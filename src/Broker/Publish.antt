-- ===== src/Broker/Publish.antt =====
-- shared/pkg/broker/rabbitmq.go: a message is published and its confirmation awaited.
pub mod Attempts
pub mod Confirmed
pub mod Once
pub mod Redialed
pub mod Settled
use price_scount.Base.{
  ℕ, String, Bool, true, false, not, ◌||◌, Option, none, some, ◌==◌, if◌then◌else◌,
}
use price_scount.Broker.{
  BrokerError, json_failed, deadline_failed, cancelled, connection_closed, unavailable,
  publish_failed, confirms_lost, nacked, unroutable, Answer, done, failed, limited, published,
  confirm_taken, stream_ended, Connection, Section, note, clear_deadline, drop_socket,
  drop_connection, no_publisher, retire_publisher, closing, Health, lacks_publisher, is_dead,
  io_deadline,
}
use price_scount.Broker.Publisher.{Setup, open_publisher}

-- What the select of awaitConfirm receives, up to where it returns. A confirmation comes with the
-- text of a returned message that is ready at that moment, if there is one.
pub data Wait : Type 0 where
  confirm : Bool → Option String → Wait
  confirms_closed : Wait
  context_done : Wait
  then_returned : String → Wait → Wait
  then_returns_closed : Wait → Wait

-- The verdict on a confirmation, given the text of a returned message.
abbrev pub judge : Bool → Option String → Answer (Unit {0})
judge is_ack (some text) = failed (unroutable text)
judge true none = done tt
judge false none = failed nacked

-- The loop, with the returned message so far and whether `returns` is still read.
unfoldable pub await_loop : Option String → Bool → Wait → Answer (Unit {0})
await_loop (some text) is_open (confirm is_ack ready) = judge is_ack (some text)
await_loop none true (confirm is_ack ready) = judge is_ack ready
await_loop none false (confirm is_ack ready) = judge is_ack none
await_loop returned is_open confirms_closed = failed confirms_lost
await_loop returned is_open context_done = failed cancelled
await_loop returned true (then_returned text w) = await_loop (some text) false w
await_loop returned false (then_returned text w) = await_loop returned false w
await_loop returned is_open (then_returns_closed w) = await_loop returned false w

-- awaitConfirm.
unfoldable pub await_confirm : Wait → Answer (Unit {0})
unfolding await_loop
await_confirm w = await_loop none true w

-- What the wait took from the stream of confirmations.
abbrev pub taken : ℕ → Wait → Connection → Connection
taken s (confirm is_ack ready) c = note (confirm_taken s) c
taken s confirms_closed c = note (stream_ended s) c
taken s context_done c = c
taken s (then_returned text w) c = taken s w c
taken s (then_returns_closed w) c = taken s w c

-- A context that is done has an error from then on.
abbrev pub is_cancelled : Wait → Bool
is_cancelled (confirm is_ack ready) = false
is_cancelled confirms_closed = false
is_cancelled context_done = true
is_cancelled (then_returned text w) = is_cancelled w
is_cancelled (then_returns_closed w) = is_cancelled w

-- What one attempt meets.
pub record Attempt : Type 0 where
  -- The gate is entered before the context is done.
  pub gate : Bool
  pub channel_is_closed : Bool
  -- Close by another goroutine before the deadline is set, and during the wait.
  pub closes_early : Bool
  pub closes_late : Bool
  pub now : ℕ
  pub limit : Option ℕ
  pub is_set : Bool
  pub accepted : Bool
  pub wait : Wait
  -- ctx.Err() is set after the wait.
  pub expired : Bool

-- The message is on its way: the wait, and what becomes of the publisher.
unfoldable pub conclude : Attempt → ℕ → Connection → Answer (Unit {0}) × Connection
conclude a channel c =
    let waited = taken channel a.wait (closing a.closes_late (clear_deadline c.pub_net_conn c)) in
    (
      await_confirm a.wait,
      if is_cancelled a.wait || a.expired then retire_publisher channel waited else waited,
    )

module _ (queue : String) (body : String) where
  -- From the deadline on.
  unfoldable pub send_on : Attempt → ℕ → Connection → Answer (Unit {0}) × Connection
  send_on a channel c = elim c.pub_net_conn [
    | none ↦ (failed deadline_failed, retire_publisher channel c)
    | some socket ↦
        let set = note (limited socket (io_deadline a.now a.limit)) c in
        if not a.is_set
        then (failed deadline_failed, retire_publisher channel c)
        else if not a.accepted
        then (failed publish_failed, retire_publisher channel set)
        else conclude a channel (note (published channel queue body) set)
  ]

  -- publishOn.
  unfoldable pub publish_on : Attempt → Section (Unit {0})
  publish_on a c = if not a.gate then (failed cancelled, c) else (elim c.publish_ch [
    | none ↦ (failed unavailable, c)
    | some channel ↦
        if c.closed || a.channel_is_closed
        then (failed unavailable, c)
        else send_on a channel (closing a.closes_early c)
  ])

-- What a redial meets.
pub record Redial : Type 0 where
  pub gate : Bool
  pub health : Health
  -- Close by another goroutine while the old publisher is closed, and after the setup.
  pub closes_early : Bool
  pub closes_late : Bool
  pub expired : Bool
  pub setup : Setup

-- The new publisher is kept, unless the connection was closed meanwhile.
unfoldable pub adopt : ℕ × ℕ → Section (Unit {0})
adopt (connection, channel) c =
    if c.closed
    then (
      failed connection_closed,
      drop_connection (some connection) (drop_socket c.pub_net_conn c),
    )
    else (done tt, record c { pub_conn = some connection; publish_ch = some channel })

-- The old publisher is closed.
abbrev pub abandon : Connection → Connection
abandon c = drop_connection c.pub_conn (drop_socket c.pub_net_conn (no_publisher c))

-- A setup in the place of a publisher that is gone.
unfoldable pub replace_publisher : Redial → Section (Unit {0})
replace_publisher r c =
    if r.expired
    then (failed cancelled, c)
    else (let (answer, c') = open_publisher r.setup c in
        elim answer [
          | failed e ↦ (failed e, c')
          | done made ↦ adopt made (closing r.closes_late c')
        ])

unfoldable pub redial : Redial → Section (Unit {0})
redial r c =
    if not r.gate
    then (failed cancelled, c)
    else if c.closed
    then (failed connection_closed, c)
    else if not (lacks_publisher r.health c)
    then (done tt, c)
    else replace_publisher r (closing r.closes_early (abandon c))

-- What a call of Publish meets.
pub record Call : Type 0 where
  pub first : Attempt
  pub expired : Bool
  pub health : Health
  pub redialing : Redial
  pub second : Attempt

-- The redial and the second attempt.
unfoldable pub publish_again : Call → String → String → Section (Unit {0})
publish_again p queue body c =
    let (answer, c') = redial p.redialing c in
    elim answer [ failed e ↦ (failed e, c') | done _ ↦ publish_on queue body p.second c' ]

-- Publish; the body is what json.Marshal makes of the value.
unfoldable pub publish : Call → String → Option String → Section (Unit {0})
publish p queue none c = (failed json_failed, c)
publish p queue (some body) c =
    let (answer, c') = publish_on queue body p.first c in
    elim answer [
      | done _ ↦ (done tt, c')
      | failed e ↦
          if p.expired || not (is_dead p.health c')
          then (failed e, c')
          else publish_again p queue body c'
    ]
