-- ===== src/Broker/Publish/Attempts.antt =====
-- shared/pkg/broker/rabbitmq.go: publishOn and redial, and the messages that the library accepts.
use price_scount.Base.{
  ℕ, ◌≡◌, refl, ◌⊎◌, inl, inr, String, Bool, true, false, some, ◌∷◌, ap, ◌∙◌, ◌||◌, arith,
  Bool-cases, Option-cases,
}
use price_scount.Broker.{
  BrokerError, deadline_failed, publish_failed, cancelled, unavailable, Answer, done, failed,
  published, Connection, retire_publisher, closing, clear_deadline, limited, io_deadline, note,
}
use price_scount.Broker.Publisher.{open_publisher}
use price_scount.Broker.Publisher.Frame.{
  publications, close-publications, open_publisher-publications,
}
use price_scount.Broker.Publish.{
  Wait, confirm, confirms_closed, context_done, then_returned, then_returns_closed, await_confirm,
  taken, Attempt, conclude, send_on, publish_on, Redial, adopt, replace_publisher, redial, abandon,
  Call, publish_again,
}

retire-publications :
    (k : ℕ) (c : Connection) → publications (retire_publisher k c) ≡ publications c
unfolding retire_publisher
retire-publications k c = ground arith

closing-publications : (b : Bool) (c : Connection) → publications (closing b c) ≡ publications c
closing-publications true c = close-publications c
closing-publications false c = refl

taken-publications :
    (k : ℕ) (w : Wait) (c : Connection) → publications (taken k w c) ≡ publications c
taken-publications k (confirm a r) c = refl
taken-publications k confirms_closed c = refl
taken-publications k context_done c = refl
taken-publications k (then_returned t w) c = taken-publications k w c
taken-publications k (then_returns_closed w) c = taken-publications k w c

conclude-publications :
    (a : Attempt) (k : ℕ) (c : Connection) → publications (conclude a k c).1 ≡ publications c
unfolding conclude
conclude-publications a k c =
    let cleared : Connection = clear_deadline c.pub_net_conn c in
    let waited : Connection = taken k a.wait (closing a.closes_late cleared) in
    ground (
      arith,
      taken-publications k a.wait (closing a.closes_late cleared),
      closing-publications a.closes_late cleared,
      retire-publications k waited,
    )

conclude-answer : (a : Attempt) (k : ℕ) (c : Connection) → (conclude a k c).0 ≡ await_confirm a.wait
unfolding conclude
conclude-answer a k c = refl

replace-publications :
    (r : Redial) (c : Connection) → publications (replace_publisher r c).1 ≡ publications c
unfolding replace_publisher adopt
replace-publications r c =
    let c' : Connection = (open_publisher r.setup c).1 in
    ground (arith, open_publisher-publications r.setup c, closing-publications r.closes_late c')

redial-publications : (r : Redial) (c : Connection) → publications (redial r c).1 ≡ publications c
unfolding redial
redial-publications r c =
    let left : Connection = abandon c in
    ground (
      arith,
      closing-publications r.closes_early left,
      replace-publications r (closing r.closes_early left),
    )

pub Answer-cases :
    {A : Type 0} (r : Answer A) → ((a : A) × (r ≡ done a)) ⊎ ((e : BrokerError) × (r ≡ failed e))
Answer-cases (done a) = inl (a, refl)
Answer-cases (failed e) = inr (e, refl)

-- An attempt that fails publishes nothing, or the wait decides on the one message it published.
abbrev pub Tried : String × String → Attempt → Connection → Answer (Unit {0}) × Connection → Type 0
Tried m a c r =
    ((e : BrokerError) × (r.0 ≡ failed e) × (publications r.1 ≡ publications c))
    ⊎ ((r.0 ≡ await_confirm a.wait) × (publications r.1 ≡ m ∷ publications c))

pub publish_on-cases :
    (queue body : String) (a : Attempt) (c : Connection)
    → ((e : BrokerError) × (publish_on queue body a c ≡ (failed e, c)))
      ⊎ ((k : ℕ) × (c.publish_ch ≡ some k)
          × (publish_on queue body a c ≡ send_on queue body a k (closing a.closes_early c)))
unfolding publish_on
publish_on-cases queue body a c = elim (Bool-cases a.gate) [
  | inr shut ↦ inl (cancelled, ground (arith, shut))
  | inl entered ↦ elim (Option-cases c.publish_ch) [
    | inl gone ↦ inl (unavailable, ground (arith, entered, gone))
    | inr (k, held) ↦ elim (Bool-cases (c.closed || a.channel_is_closed)) [
      | inl lost ↦ inl (unavailable, ground (arith, entered, held, lost))
      | inr usable ↦ inr (k, held, ground (arith, entered, held, usable))
    ]
  ]
]

module _ (queue : String) (body : String) where
  send_on-Tried :
      (a : Attempt) (k : ℕ) (c : Connection) → Tried (queue, body) a c (send_on queue body a k c)
  send_on-Tried a k c = elim (Option-cases c.pub_net_conn) [
    | inl gone ↦
        let step : send_on queue body a k c ≡ (failed deadline_failed, retire_publisher k c) =
          unfold send_on in ground (arith, gone) in
        rw step (inl (deadline_failed, refl, retire-publications k c))
    | inr (socket, held) ↦
        let set : Connection = note (limited socket (io_deadline a.now a.limit)) c in
        let sent : Connection = note (published k queue body) set in
        elim (Bool-cases a.is_set) [
          | inr e ↦
              let step : send_on queue body a k c ≡ (failed deadline_failed, retire_publisher k c) =
                unfold send_on in ground (arith, held, e) in
              rw step (inl (deadline_failed, refl, retire-publications k c))
          | inl e ↦ elim (Bool-cases a.accepted) [
            | inr f ↦
                let step : send_on queue body a k c
                    ≡ (failed publish_failed, retire_publisher k set) =
                  unfold send_on in ground (arith, held, e, f) in
                rw step (inl (publish_failed, refl, retire-publications k set))
            | inl f ↦
                let step : send_on queue body a k c ≡ conclude a k sent =
                  unfold send_on in ground (arith, held, e, f) in
                rw step (inr (conclude-answer a k sent, conclude-publications a k sent))
          ]
        ]
  ]

  pub publish_on-Tried :
      (a : Attempt) (c : Connection) → Tried (queue, body) a c (publish_on queue body a c)
  publish_on-Tried a c = elim (publish_on-cases queue body a c) [
    | inl (e, step) ↦ rw step (inl (e, refl, refl))
    | inr (k, _, step) ↦
        let c' : Connection = closing a.closes_early c in
        let same : publications c' ≡ publications c = closing-publications a.closes_early c in
        rw step (elim (send_on-Tried a k c') [
          | inl (e, h, n) ↦ inl (e, h, n ∙ same)
          | inr (h, n) ↦ inr (h, n ∙ ap (λ t. (queue, body) ∷ t) same)
        ])
  ]

  pub publish_again-Tried :
      (p : Call) (c : Connection) → Tried (queue, body) p.second c (publish_again p queue body c)
  publish_again-Tried p c =
      let c' : Connection = (redial p.redialing c).1 in
      let same : publications c' ≡ publications c = redial-publications p.redialing c in
      elim (Answer-cases (redial p.redialing c).0) [
        | inr (e, h) ↦
            let step : publish_again p queue body c ≡ (failed e, c') =
              unfold publish_again in ground (arith, h) in
            rw step (inl (e, refl, same))
        | inl (_, h) ↦
            let step : publish_again p queue body c ≡ publish_on queue body p.second c' =
              unfold publish_again in ground (arith, h) in
            rw step (elim (publish_on-Tried p.second c') [
              | inl (e, g, n) ↦ inl (e, g, n ∙ same)
              | inr (g, n) ↦ inr (g, n ∙ ap (λ t. (queue, body) ∷ t) same)
            ])
      ]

» What you should do:
Could you set down, exactly as written, the lines above between the one holding "none ↦ (failed unavailable, c)" and the one holding "pub setup : Setup", inclusive, and nothing more?

» Response to the task:
    | none ↦ (failed unavailable, c)
    | some channel ↦
        if c.closed || a.channel_is_closed
        then (failed unavailable, c)
        else send_on a channel (closing a.closes_early c)
  ])

-- What a redial meets.
pub record Redial : Type 0 where
  pub gate : Bool
  pub health : Health
  -- Close by another goroutine while the old publisher is closed, and after the setup.
  pub closes_early : Bool
  pub closes_late : Bool
  pub expired : Bool
  pub setup : Setup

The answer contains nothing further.